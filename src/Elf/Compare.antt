-- ===== src/Elf/Compare.antt =====
-- crates/kiry-core/src/elf.rs, `compare`: the changes between two builds of a library that break what
-- was linked to the first. The sort of the new symbols with the binary search in them is a parameter:
-- among symbols of one key it may find any.
pub mod Laws
use kiry.Base.{
  ℕ, List, [], ◌∷◌, ◌++◌, map, Bool, true, false, not, ◌&&◌, ◌||◌, Option, none, some, ◌==◌, nat_eq,
  if◌then◌else◌,
}
use kiry.Base.Text.{Str}

pub record Sym : Type 0 where
  pub name : Str
  pub version : Option Str
  pub default : Bool
  pub weak : Bool
  pub object : Bool
  pub size : ℕ
  pub kind : ℕ

pub data Change : Type 0 where
  gone weakened grew retyped undefaulted : Str → Change

-- `Change::symbol`
unfoldable pub symbol : Change → Str
symbol (gone s) = s
symbol (weakened s) = s
symbol (grew s) = s
symbol (retyped s) = s
symbol (undefaulted s) = s

unfoldable pub key : Bool → Sym → Str
key true s = elim s.version [ some v ↦ s.name ++ (b'@' ∷ v) | none ↦ s.name ]
key false s = s.name

-- `STT_OBJECT`, `STT_TLS`, `STT_FUNC` and `STT_GNU_IFUNC`.
unfoldable pub class : ℕ → Option ℕ
class kind =
    if kind == 1
    then some 1
    else if kind == 6
    then some 2
    else if kind == 2 || kind == 10
    then some 3
    else none

unfoldable pub when : Bool → Change → List Change
when b c = if b then c ∷ [] else []

unfoldable pub differ : Option ℕ → Option ℕ → Bool
differ (some a) (some b) = not (a == b)
differ (some a) none = false
differ none b = false

-- The four tests of a symbol that is still there.
unfoldable pub changes : Bool → Str → Sym → Sym → List Change
unfolding when differ class
changes versions k was is =
    when (not was.weak && is.weak) (weakened k)
    ++ (when ((was.object && is.object) && not (was.size == is.size)) (grew k)
        ++ (when (differ (class was.kind) (class is.kind)) (retyped k)
            ++ when ((versions && was.default) && not is.default) (undefaulted k)))

abbrev pub Search : Type 0
Search = List (Str × Sym) → Str → Option Sym

module _ (search : Search) where
  -- One round of the loop.
  unfoldable pub compare_one : Bool → List (Str × Sym) → Sym → List Change
  unfolding changes key
  compare_one versions now was = elim (search now (key versions was)) [
    | none ↦ gone (key versions was) ∷ []
    | some is ↦ changes versions (key versions was) was is
  ]

  unfoldable pub compare_all : Bool → List (Str × Sym) → List Sym → List Change
  unfolding compare_one
  compare_all versions now [] = []
  compare_all versions now (was ∷ old) =
      compare_one versions now was ++ compare_all versions now old

  -- `compare`
  unfoldable pub compare : List Sym → List Sym → Bool → List Change
  unfolding compare_all key
  compare old new versions = compare_all versions (map (λ s. (key versions s, s)) new) old
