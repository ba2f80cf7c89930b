-- ===== src/Elf/Words.antt =====
-- crates/kiry-core/src/elf.rs: reads of numbers and names from the bytes of a file. Every read is
-- checked against the end of the file. The machine has 64 bits, so a `usize` holds what a `u64` holds.
pub mod Laws
use kiry.Base.{
  ℕ, ◌+◌, ◌-◌, ◌*◌, ◌^◌, List, [], ◌∷◌, Bool, true, false, ◌&&◌, ◌||◌, Option, none, some, ◌==◌,
  nat_eq, ltb, leb, length, take, drop, if◌then◌else◌, Result, ok, err, ok_or, ◌>>=◌, ◌>>◌, String,
}
use kiry.Base.Text.{Str}

-- `b.get(from..)`
unfoldable pub get_from : List ℕ → ℕ → Option (List ℕ)
get_from b from = if leb from (length b) then some (drop from b) else none

-- `b.get(..n)`
unfoldable pub get_to : List ℕ → ℕ → Option (List ℕ)
get_to b n = if leb n (length b) then some (take n b) else none

-- `from_le_bytes`
unfoldable pub from_le_bytes : List ℕ → ℕ
from_le_bytes [] = 0
from_le_bytes (c ∷ cs) = c + 256 * from_le_bytes cs

-- `b.get(from..)?.get(..n)?` as a number.
unfoldable pub word_at : ℕ → List ℕ → ℕ → Option ℕ
unfolding get_from get_to from_le_bytes
word_at n b from = elim (get_from b from) [
  | none ↦ none
  | some rest ↦ elim (get_to rest n) [ none ↦ none | some word ↦ some (from_le_bytes word) ]
]

unfoldable pub u16at : List ℕ → ℕ → Option ℕ
unfolding word_at
u16at b from = word_at 2 b from

unfoldable pub u32at : List ℕ → ℕ → Option ℕ
unfolding word_at
u32at b from = word_at 4 b from

unfoldable pub u64at : List ℕ → ℕ → Option ℕ
unfolding word_at
u64at b from = word_at 8 b from

-- What fits in 64 bits, `checked_add` and `checked_mul` among it.
unfoldable pub checked : ℕ → Option ℕ
checked v = if ltb v (2 ^ 64) then some v else none

-- `at`
unfoldable pub at : ℕ → Result String ℕ
unfolding checked
at v = ok_or (checked v) "offset does not fit in this machine"

-- The address, size and offset of each loaded segment.
unfoldable pub offset_of : List (ℕ × (ℕ × ℕ)) → ℕ → Result String ℕ
unfolding checked
offset_of [] addr = err "string table is in no loadable segment"
offset_of ((vaddr, (filesz, offset)) ∷ loads) addr =
    let rest = offset_of loads addr in
    if leb vaddr addr && ltb (addr - vaddr) filesz
    then ok_or (checked (offset + (addr - vaddr))) "segment offset past the end of memory"
    else rest

-- `std::str::from_utf8`: how many bytes of a character are to come, its bits so far, and the least
-- that a character of so many bytes may be.
is_scalar : ℕ → ℕ → Bool
is_scalar c least = leb least c && (ltb c 55296 || (leb 57344 c && leb c 1114111))

utf8_from : List ℕ → ℕ → ℕ → ℕ → Option Str
unfolding is_scalar
utf8_from [] left bits least = if left == 0 then some [] else none
utf8_from (b ∷ bs) left bits least = elim (left == 0) [
  | true ↦ elim (ltb b 128) [
    | true ↦ elim (utf8_from bs 0 0 0) [ none ↦ none | some s ↦ some (b ∷ s) ]
    | false ↦ elim (leb 194 b && ltb b 224) [
      | true ↦ utf8_from bs 1 (b - 192) 128
      | false ↦ elim (leb 224 b && ltb b 240) [
        | true ↦ utf8_from bs 2 (b - 224) 2048
        | false ↦ elim (leb 240 b && ltb b 245) [
          | true ↦ utf8_from bs 3 (b - 240) 65536
          | false ↦ none
        ]
      ]
    ]
  ]
  | false ↦
      let c = bits * 64 + (b - 128) in
      elim (leb 128 b && ltb b 192) [
        | false ↦ none
        | true ↦ elim (left == 1) [
          | false ↦ utf8_from bs (left - 1) c least
          | true ↦ elim (is_scalar c least) [
            | false ↦ none
            | true ↦ elim (utf8_from bs 0 0 0) [ none ↦ none | some s ↦ some (c ∷ s) ]
          ]
        ]
      ]
]

unfoldable pub from_utf8 : List ℕ → Option Str
unfolding utf8_from
from_utf8 b = utf8_from b 0 0 0

-- The bytes before the first zero, if there is one.
unfoldable pub until_zero : List ℕ → Option (List ℕ)
until_zero [] = none
until_zero (c ∷ cs) =
    let rest : Option (List ℕ) = elim (until_zero cs) [ none ↦ none | some s ↦ some (c ∷ s) ] in
    if c == 0 then some [] else rest

unfoldable pub string : List ℕ → ℕ → Result String Str
unfolding at get_from until_zero from_utf8
string strs from = do
  start ← at from
  rest ← ok_or (get_from strs start) "name starts past the string table"
  name ← ok_or (until_zero rest) "name runs off the end of the string table"
  ok_or (from_utf8 name) "name is not utf-8"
::::::
EXERCISE AIM: Return the listing above in its exact form.

ANSWER SECTION:
filename src/Elf/Compare.antt
-- ===== src/Elf/Compare.antt =====
-- crates/kiry-core/src/elf.rs, `compare`: the changes between two builds of a library that break what
-- was linked to the first. The sort of the new symbols with the binary search in them is a parameter:
-- among symbols of one key it may find any.
pub mod Laws
use kiry.Base.{
  ℕ, List, [], ◌∷◌, ◌++◌, map, Bool, true, false, not, ◌&&◌, ◌||◌, Option, none, some, ◌==◌, nat_eq,
  if◌then◌else◌,
}
use kiry.Base.Text.{Str}

pub record Sym : Type 0 where
  pub name : Str
  pub version : Option Str
  pub default : Bool
  pub weak : Bool
  pub object : Bool
  pub size : ℕ
  pub kind : ℕ

pub data Change : Type 0 where
  gone weakened grew retyped undefaulted : Str → Change

-- `Change::symbol`
unfoldable pub symbol : Change → Str
symbol (gone s) = s
symbol (weakened s) = s
symbol (grew s) = s
symbol (retyped s) = s
symbol (undefaulted s) = s

unfoldable pub key : Bool → Sym → Str
key true s = elim s.version [ some v ↦ s.name ++ (b'@' ∷ v) | none ↦ s.name ]
key false s = s.name

-- `STT_OBJECT`, `STT_TLS`, `STT_FUNC` and `STT_GNU_IFUNC`.
unfoldable pub class : ℕ → Option ℕ
class kind =
    if kind == 1
    then some 1
    else if kind == 6
    then some 2
    else if kind == 2 || kind == 10
    then some 3
    else none

unfoldable pub when : Bool → Change → List Change
when b c = if b then c ∷ [] else []

unfoldable pub differ : Option ℕ → Option ℕ → Bool
differ (some a) (some b) = not (a == b)
differ (some a) none = false
differ none b = false

-- The four tests of a symbol that is still there.
unfoldable pub changes : Bool → Str → Sym → Sym → List Change
unfolding when differ class
changes versions k was is =
    when (not was.weak && is.weak) (weakened k)
    ++ (when ((was.object && is.object) && not (was.size == is.size)) (grew k)
        ++ (when (differ (class was.kind) (class is.kind)) (retyped k)
            ++ when ((versions && was.default) && not is.default) (undefaulted k)))

abbrev pub Search : Type 0
Search = List (Str × Sym) → Str → Option Sym

module _ (search : Search) where
  -- One round of the loop.
  unfoldable pub compare_one : Bool → List (Str × Sym) → Sym → List Change
  unfolding changes key
  compare_one versions now was = elim (search now (key versions was)) [
    | none ↦ gone (key versions was) ∷ []
    | some is ↦ changes versions (key versions was) was is
  ]

  unfoldable pub compare_all : Bool → List (Str × Sym) → List Sym → List Change
  unfolding compare_one
  compare_all versions now [] = []
  compare_all versions now (was ∷ old) =
      compare_one versions now was ++ compare_all versions now old

  -- `compare`
  unfoldable pub compare : List Sym → List Sym → Bool → List Change
  unfolding compare_all key
  compare old new versions = compare_all versions (map (λ s. (key versions s, s)) new) old
repository ba2f80cf7c89930b
-- ===== src/Elf/Words.antt =====
-- crates/kiry-core/src/elf.rs: reads of numbers and names from the bytes of a file. Every read is
-- checked against the end of the file. The machine has 64 bits, so a `usize` holds what a `u64` holds.
pub mod Laws
use kiry.Base.{
  ℕ, ◌+◌, ◌-◌, ◌*◌, ◌^◌, List, [], ◌∷◌, Bool, true, false, ◌&&◌, ◌||◌, Option, none, some, ◌==◌,
  nat_eq, ltb, leb, length, take, drop, if◌then◌else◌, Result, ok, err, ok_or, ◌>>=◌, ◌>>◌, String,
}
use kiry.Base.Text.{Str}

-- `b.get(from..)`
unfoldable pub get_from : List ℕ → ℕ → Option (List ℕ)
get_from b from = if leb from (length b) then some (drop from b) else none

-- `b.get(..n)`
unfoldable pub get_to : List ℕ → ℕ → Option (List ℕ)
get_to b n = if leb n (length b) then some (take n b) else none

-- `from_le_bytes`
unfoldable pub from_le_bytes : List ℕ → ℕ
from_le_bytes [] = 0
from_le_bytes (c ∷ cs) = c + 256 * from_le_bytes cs

-- `b.get(from..)?.get(..n)?` as a number.
unfoldable pub word_at : ℕ → List ℕ → ℕ → Option ℕ
unfolding get_from get_to from_le_bytes
word_at n b from = elim (get_from b from) [
  | none ↦ none
  | some rest ↦ elim (get_to rest n) [ none ↦ none | some word ↦ some (from_le_bytes word) ]
]

unfoldable pub u16at : List ℕ → ℕ → Option ℕ
unfolding word_at
u16at b from = word_at 2 b from

unfoldable pub u32at : List ℕ → ℕ → Option ℕ
unfolding word_at
u32at b from = word_at 4 b from

unfoldable pub u64at : List ℕ → ℕ → Option ℕ
unfolding word_at
u64at b from = word_at 8 b from

-- What fits in 64 bits, `checked_add` and `checked_mul` among it.
unfoldable pub checked : ℕ → Option ℕ
checked v = if ltb v (2 ^ 64) then some v else none

-- `at`
unfoldable pub at : ℕ → Result String ℕ
unfolding checked
at v = ok_or (checked v) "offset does not fit in this machine"

-- The address, size and offset of each loaded segment.
unfoldable pub offset_of : List (ℕ × (ℕ × ℕ)) → ℕ → Result String ℕ
unfolding checked
offset_of [] addr = err "string table is in no loadable segment"
offset_of ((vaddr, (filesz, offset)) ∷ loads) addr =
    let rest = offset_of loads addr in
    if leb vaddr addr && ltb (addr - vaddr) filesz
    then ok_or (checked (offset + (addr - vaddr))) "segment offset past the end of memory"
    else rest

-- `std::str::from_utf8`: how many bytes of a character are to come, its bits so far, and the least
-- that a character of so many bytes may be.
is_scalar : ℕ → ℕ → Bool
is_scalar c least = leb least c && (ltb c 55296 || (leb 57344 c && leb c 1114111))

utf8_from : List ℕ → ℕ → ℕ → ℕ → Option Str
unfolding is_scalar
utf8_from [] left bits least = if left == 0 then some [] else none
utf8_from (b ∷ bs) left bits least = elim (left == 0) [
  | true ↦ elim (ltb b 128) [
    | true ↦ elim (utf8_from bs 0 0 0) [ none ↦ none | some s ↦ some (b ∷ s) ]
    | false ↦ elim (leb 194 b && ltb b 224) [
      | true ↦ utf8_from bs 1 (b - 192) 128
      | false ↦ elim (leb 224 b && ltb b 240) [
        | true ↦ utf8_from bs 2 (b - 224) 2048
        | false ↦ elim (leb 240 b && ltb b 245) [
          | true ↦ utf8_from bs 3 (b - 240) 65536
          | false ↦ none
        ]
      ]
    ]
  ]
  | false ↦
      let c = bits * 64 + (b - 128) in
      elim (leb 128 b && ltb b 192) [
        | false ↦ none
        | true ↦ elim (left == 1) [
          | false ↦ utf8_from bs (left - 1) c least
          | true ↦ elim (is_scalar c least) [
            | false ↦ none
            | true ↦ elim (utf8_from bs 0 0 0) [ none ↦ none | some s ↦ some (c ∷ s) ]
          ]
        ]
      ]
]

unfoldable pub from_utf8 : List ℕ → Option Str
unfolding utf8_from
from_utf8 b = utf8_from b 0 0 0

-- The bytes before the first zero, if there is one.
unfoldable pub until_zero : List ℕ → Option (List ℕ)
until_zero [] = none
until_zero (c ∷ cs) =
    let rest : Option (List ℕ) = elim (until_zero cs) [ none ↦ none | some s ↦ some (c ∷ s) ] in
    if c == 0 then some [] else rest

unfoldable pub string : List ℕ → ℕ → Result String Str
unfolding at get_from until_zero from_utf8
string strs from = do
  start ← at from
  rest ← ok_or (get_from strs start) "name starts past the string table"
  name ← ok_or (until_zero rest) "name runs off the end of the string table"
  ok_or (from_utf8 name) "name is not utf-8"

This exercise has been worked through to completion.